Thank you very much for the opportunity to speak today. My name is Dr. Jay Ronquillo and I am speaking on behalf of the National Center for Health Research. I am a physician who trained at Massachusetts General Hospital, have two engineering degrees from Cornell, a Master of Public Health from Harvard, and a master’s in biomedical informatics from Harvard Medical School. These are the perspectives I bring with me today. Our research center analyzes scientific and medical data and provides objective health information to patients, providers, and policy makers. We do not accept funding from the drug or medical device industry and I have no conflicts of interest.
Hospitals are expected to play a key role in evidence generation and adverse event reporting for the National Evaluation System for Health Technology. While the collection and analysis of real-world data will be important for post-market surveillance of medical devices, the quality of information being collected and used for decision-making must be focused on making patient safety a priority.
Software is a critical component of many medical devices, from implantable cardiac pacemakers, to drug infusion pumps, to health IT like electronic health records and clinical decision support. However, software-related errors for medical devices are complex. They can be hard to identify and clearly separate from other types of problems, such as human error or mechanical failure. Software vulnerabilities also represent a growing cybersecurity concern that could directly affect individual patients and even populations. As a result, accurate risk assessment and adverse event reporting will require clear guidance regarding how all types of software malfunctions are measured, monitored, and could impact patient care. We currently do not have that guidance today.
Similarly, real-world evidence collected from new data sources, such as electronic health records (or EHRs), is expected to be central to the National Evaluation System for Health Technology.
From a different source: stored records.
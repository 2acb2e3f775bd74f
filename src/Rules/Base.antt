-- ===== src/Rules/Base.antt =====
-- The facts that a program can derive from a store: its rules' heads over the atoms of the rules and of
-- the store. Their number bounds the rounds of `evaluate`, crates/aa-rules/src/eval.rs.
use prolog_forge.Prelude.{
  In-map, ℕ, zero, suc, ◌+◌, ◌≤◌, ◌<◌, List, [], ◌∷◌, ◌++◌, true, false, ◌≡◌, refl, sym, ◌∙◌, ap,
  subst, arith, nat_eq, list_eq, Str, length, map, In, In-append_left, In-append_right, All, inl,
  inr, AllEntries, AllEntries-map_get, if◌then◌else◌,
}
use prolog_forge.Graph.Fact.{Fact, FactLayer}
use prolog_forge.Graph.Store.{GraphStore, contains, all_facts}
use prolog_forge.Graph.Unify.{Binding}
use prolog_forge.Rules.Ast.{Term, const, var, Atom, Rule}
use prolog_forge.Rules.Body.{ArgsHold}

pub term_consts : List Term → List Str
term_consts [] = []
term_consts (const c ∷ ts) = c ∷ term_consts ts
term_consts (var v ∷ ts) = term_consts ts

unfoldable pub rule_consts : List Rule → List Str
unfolding term_consts
rule_consts [] = []
rule_consts (r ∷ rules) = term_consts r.head.args ++ rule_consts rules

unfoldable pub fact_atoms : List Fact → List Str
fact_atoms [] = []
fact_atoms (f ∷ fs) = f.args ++ fact_atoms fs

unfoldable pub universe : List Rule → GraphStore → List Str
unfolding rule_consts fact_atoms
universe rules s = rule_consts rules ++ fact_atoms (all_facts s)

-- The lists of a length over an alphabet.
prepend_all : List Str → List (List Str) → List (List Str)
prepend_all [] ts = []
prepend_all (u ∷ us) ts = map (λ t. u ∷ t) ts ++ prepend_all us ts

tuples : List Str → ℕ → List (List Str)
unfolding prepend_all
tuples u zero = [] ∷ []
tuples u (suc n) = prepend_all u (tuples u n)

abbrev pub head_fact : Atom → List Str → Fact
head_fact head args = record { predicate = head.predicate; args = args; layer = FactLayer.inferred }

unfoldable pub candidates : List Str → List Rule → List Fact
unfolding tuples
candidates u [] = []
candidates u (r ∷ rules) =
    map (head_fact r.head) (tuples u (length r.head.args)) ++ candidates u rules

-- How many candidates the store lacks.
unfoldable pub missing : GraphStore → List Fact → ℕ
missing s [] = 0
missing s (c ∷ cs) = (if contains s c then 0 else 1) + missing s cs

pub missing-le-length : (s : GraphStore) (cs : List Fact) → missing s cs ≤ length cs
unfolding missing
missing-le-length s [] = omega arith
missing-le-length s (c ∷ cs) = ground (arith, missing-le-length s cs)

module _ (s t : GraphStore) (grows : (f : Fact) → contains s f ≡ true → contains t f ≡ true) where
  missing_mono : (cs : List Fact) → missing t cs ≤ missing s cs
  unfolding missing
  missing_mono [] = omega arith
  missing_mono (c ∷ cs) = ground (arith, missing_mono cs, grows c)

  -- A candidate that the store gains leaves fewer missing.
  pub missing_decreases :
      (c : Fact) (cs : List Fact)
      → In c cs
      → contains s c ≡ false
      → contains t c ≡ true
      → missing t cs < missing s cs
  unfolding missing
  missing_decreases c [] m old new = elim m [ ]
  missing_decreases c (d ∷ cs) (inl same) old new =
      let old' : contains s d ≡ false = ap (contains s) (sym same) ∙ old in
      let new' : contains t d ≡ true = ap (contains t) (sym same) ∙ new in
      ground (arith, missing_mono cs)
  missing_decreases c (d ∷ cs) (inr m) old new =
      ground (arith, missing_decreases c cs m old new, grows d)

In-prepend_all :
    (u : List Str) (a : Str) (t : List Str) (ts : List (List Str))
    → In a u
    → In t ts
    → In (a ∷ t) (prepend_all u ts)
unfolding prepend_all
In-prepend_all [] a t ts ma mt = elim ma [ ]
In-prepend_all (x ∷ u) a t ts (inl same) mt =
    In-append_left (a ∷ t) (map (λ t. x ∷ t) ts) (prepend_all u ts)
      (subst (λ y. In (y ∷ t) (map (λ t. x ∷ t) ts)) (sym same) (In-map (λ t. x ∷ t) t ts mt))
In-prepend_all (x ∷ u) a t ts (inr ma) mt =
    In-append_right (a ∷ t) (map (λ t. x ∷ t) ts) (prepend_all u ts) (In-prepend_all u a t ts ma mt)

module _ (u : List Str) where
  In-tuples : (as' : List Str) → All (λ a. In a u) as' → In as' (tuples u (length as'))
  unfolding tuples
  In-tuples [] all = inl refl
  In-tuples (a ∷ as') all =
      In-prepend_all u a as' (tuples u (length as')) all.0 (In-tuples as' all.1)

  -- The arguments of a head lie in the alphabet, if its constants and the bound atoms do.
  pub args-In :
      (ts : List Term) (b : Binding) (as' : List Str)
      → All (λ a. In a u) (term_consts ts)
      → AllEntries (λ k v. In v u) b
      → ArgsHold b ts as'
      → All (λ a. In a u) as' × (length as' ≡ length ts)
  unfolding term_consts
  args-In [] b [] cs bound h = (tt, refl)
  args-In [] b (a ∷ as') cs bound h = absurd h
  args-In (const c ∷ ts) b [] cs bound h = absurd h
  args-In (var v ∷ ts) b [] cs bound h = absurd h
  args-In (const c ∷ ts) b (a ∷ as') cs bound h =
      let c_is_a : c ≡ a = cc (h.0) in
      let (rest, len) = args-In ts b as' cs.1 bound h.1 in
      ((subst (λ x. In x u) c_is_a cs.0, rest), ap suc len)
  args-In (var v ∷ ts) b (a ∷ as') cs bound h =
      let (rest, len) = args-In ts b as' cs bound h.1 in
      ((AllEntries-map_get (λ k v. In v u) v a b bound h.0, rest), ap suc len)

  pub In-candidates :
      (rules : List Rule) (r : Rule) (f : Fact)
      → In r rules
      → f ≡ head_fact r.head f.args
      → length f.args ≡ length r.head.args
      → All (λ a. In a u) f.args
      → In f (candidates u rules)
  unfolding candidates
  In-candidates [] r f m e len all = elim m [ ]
  In-candidates (q ∷ rules) r f (inl same) e len all =
      let e' : f ≡ head_fact q.head f.args =
        subst (λ (x : Rule). f ≡ head_fact x.head f.args) same e in
      let len' : length f.args ≡ length q.head.args =
        subst (λ (x : Rule). length f.args ≡ length x.head.args) same len in
      In-append_left f (map (head_fact q.head) (tuples u (length q.head.args))) (candidates u rules)
        (subst (λ x. In x (map (head_fact q.head) (tuples u (length q.head.args)))) (sym e')
          (In-map (head_fact q.head) f.args (tuples u (length q.head.args))
            (subst (λ n. In f.args (tuples u n)) len' (In-tuples f.args all))))
  In-candidates (q ∷ rules) r f (inr m) e len all =
      In-append_right f (map (head_fact q.head) (tuples u (length q.head.args)))
        (candidates u rules) (In-candidates rules r f m e len all)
However, EHRs in their current state are not very usable or user-friendly, making it difficult for hospital staff to interact with data in a structured format without hindering patient care. For example, the FDA medical device database has reported several thousand EHRs in oncology and anesthesiology that were recalled due to software flaws over the last five years. These defects reportedly caused incorrect drug dosage calculations or displayed medical data for the wrong patient. Unless there are robust regulatory safeguards for improving the design, development, and implementation of EHRs, poor system usability and interoperability will limit the quality of surveillance data being collected as well as any conclusions or decisions based on that data.
In summary, we recognize the potential value of a National Evaluation System for Health Technology that leverages real-world evidence from hospitals. However, the complexity of software errors, along with the limitations of current EHRs could limit the quality of evidence being generated and used for post-market surveillance of medical devices. We recommend clear guidelines on the regulation of health IT, and stronger safeguards to ensure that all medical devices, along with their software and data, remain safe and effective for patients.
Thank you again for the opportunity to speak today and for consideration of our views.